• What this task involves: Every record, from first to last, should be written out again exactly.

Dataset entries
=====
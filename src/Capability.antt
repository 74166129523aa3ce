-- ===== src/Capability.antt =====
-- bothy/capability.py: what a run is given.
pub mod Profile
pub mod Grants
pub mod Tools
pub mod Examples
=====
• Response to the task:
filename src/Capability.antt
repository 74166129523aa3ce
-- ===== src/Capability.antt =====
-- bothy/capability.py: what a run is given.
pub mod Profile
pub mod Grants
pub mod Tools
pub mod Examples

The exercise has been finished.